**What to do**
The lines from the start of the data through the line with "RemoveSubscriber, and brokers[topic][id]." are to be returned verbatim; all later lines are to be omitted.

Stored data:
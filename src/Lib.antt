-- ===== src/Lib.antt =====
-- Quash: an in-memory key-value store and a topic broker behind gRPC.
--
-- The program's state is four package variables of server/quashserver/quashserver.go: a map of
-- keys to values with a time to live, a map of topics to the queues of their subscribers, and a
-- mutex for each. RPC handlers, a collector of expired keys and the snapshot of the dashboard run
-- in goroutines of their own, and touch each map under its mutex alone.
--
-- Which file models which part:
-- Queue: server/queue/queue.go, the mailbox of a subscriber (Push, Pop, Count, NewQueue). A chain
--   of nodes is a data type; Counter is an int64, as its bit pattern. Queue/Memory has the nodes in
--   memory, at addresses.
-- Structs, Messages: structs/structs.go, and the messages of proto/quash_proto.pb.go.
-- Clock: time.Time, time.Duration and the calls of them that the server makes. Instants are
--   whole numbers of nanoseconds, durations are int64 bit patterns and wrap round.
-- GoMap: the built-in map. The order of a range loop is an argument of the code that runs it.
-- Handler: the package variables and the ways in which a handler ends: it returns, it panics, or
--   it blocks on a mutex that is held. A handler is a function of the state, since all that it
--   does to a map lies between one Lock and one Unlock; Goroutines says why that is enough.
-- Kv: SetKV, GetKV, DeleteKV and GarbageCollection. Kv/Session has the table that they implement,
--   Kv/Classes the map without the order of its entries, as a quotient.
-- Broker: CreateTopic, RemoveTopic, AddSubscriber, RemoveSubscriber, and brokers[topic][id].
-- Stream: Publish and Consume. What Recv and Send return is given beforehand.
-- PubSub: sequences of the broker's calls, with the specification that they implement.
-- Goroutines: goroutines that share what a mutex guards, in single accesses. Kv/Concurrent and
--   PubSub/Concurrent have the accesses of the handlers, Kv/Linear and PubSub/Linear what comes of
--   them in any order, PubSub/Jam the end of it, PubSub/Delivery the values that they carry;
--   Kv/Fitting and PubSub/Fitting have what the goroutines are told, against the specifications.
--   Goroutines/Pair has two mutexes.
-- Server: key-value calls and broker calls in the same goroutines, under kvLock and brokersLock. A
--   call of the broker may be the part of Snapshot that counts what is queued.
-- Telemetry: Snapshot. Admin: websocketHandler of admin/admin.go, in turns between which the other
--   goroutines run; Admin/Pages has indexHandler and AdminServer. Utils: utils/utils.go
--   (SubscriptionID and the gauges).
-- Rpc: proto/quash_proto_grpc.pb.go, the stubs, the method handlers and the table between them.
--   Rpc/Quash is the server that server/server.go registers; Rpc/Loopback is a connection without a
--   network, for the examples.
-- Client: client/client.go. Client/Streams has its Publish and Consume, where a send on a channel
--   that is full waits, Client/EndToEnd what they rely on from grpc's streams,
--   Client/NoRoom a channel that is too small.
-- Bootstrap: main.go, server/server.go, Server.Init and Server.Shutdown, by the order of their
--   steps.
-- Prelude: shared names, tests and integers.
--
-- Arguments of the model, for what the repository does not hold: the time that time.Now returns,
-- the bytes that rand.Read gives, the readings of the runtime and of gopsutil, the results of
-- Recv and Send on a stream, and the orders of range loops. The loop of Push over nodes in memory
-- takes as many rounds as it is given, and the theorems give it as many as the queue has nodes. No
-- other definition takes fuel: a Publish stream is a list of rounds, at the end of which the
-- handler waits, and the loop of Consume counts down the number of elements that the queue's
-- counter gives.
--
-- A panic in a handler ends the process. On a single goroutine it is the end of the run; among
-- goroutines it leaves `none` in place of the brokers, and the theorems about goroutines claim
-- something of a state only where that has not happened, or say what `none` comes from. A Send of a
-- handler returns, with the result that is given for it: one that waits because the client does not
-- read is not modelled. A channel `resp` of the client takes as many values as are given for it, and
-- then a send on it waits.
--
-- The client's calls of grpc are arguments too: what Dial, Close, Invoke and NewStream do. Where a
-- theorem needs more of them than their types, a record states it: Rpc.Reaching.Connection,
-- Client.Serving.GrpcTo, Client.RoundTrip.Connects, and CarriesPublish and CarriesConsume of
-- Client.EndToEnd.
--
-- Not modelled: that the client's Consume closes its channel, serialisation, what net/http and
-- os/signal do, the template of the dashboard, log lines but the last one, contexts, and the
-- scripts and styles that utils.go embeds. What other goroutines do to the server while Snapshot
-- holds no mutex is an argument of it, a function of the state. The getters of
-- proto/quash_proto.pb.go, RegisterQuashServiceServer and the two stream handlers of
-- proto/quash_proto_grpc.pb.go are generated code that only passes values on.
pub mod Prelude
pub mod GoMap
pub mod Queue
pub mod Clock
pub mod Messages
pub mod Structs
pub mod Handler
pub mod Kv
pub mod Broker
pub mod Stream
pub mod PubSub
pub mod Utils
pub mod Telemetry
pub mod Rpc
pub mod Client
pub mod Admin
pub mod Bootstrap
pub mod Goroutines
pub mod Server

**Expected answer**
filename src/Lib.antt
-- ===== src/Lib.antt =====
-- Quash: an in-memory key-value store and a topic broker behind gRPC.
--
-- The program's state is four package variables of server/quashserver/quashserver.go: a map of
-- keys to values with a time to live, a map of topics to the queues of their subscribers, and a
-- mutex for each. RPC handlers, a collector of expired keys and the snapshot of the dashboard run
-- in goroutines of their own, and touch each map under its mutex alone.
--
-- Which file models which part:
-- Queue: server/queue/queue.go, the mailbox of a subscriber (Push, Pop, Count, NewQueue). A chain
--   of nodes is a data type; Counter is an int64, as its bit pattern. Queue/Memory has the nodes in
--   memory, at addresses.
-- Structs, Messages: structs/structs.go, and the messages of proto/quash_proto.pb.go.
-- Clock: time.Time, time.Duration and the calls of them that the server makes. Instants are
--   whole numbers of nanoseconds, durations are int64 bit patterns and wrap round.
-- GoMap: the built-in map. The order of a range loop is an argument of the code that runs it.
-- Handler: the package variables and the ways in which a handler ends: it returns, it panics, or
--   it blocks on a mutex that is held. A handler is a function of the state, since all that it
--   does to a map lies between one Lock and one Unlock; Goroutines says why that is enough.
-- Kv: SetKV, GetKV, DeleteKV and GarbageCollection. Kv/Session has the table that they implement,
--   Kv/Classes the map without the order of its entries, as a quotient.
-- Broker: CreateTopic, RemoveTopic, AddSubscriber, RemoveSubscriber, and brokers[topic][id].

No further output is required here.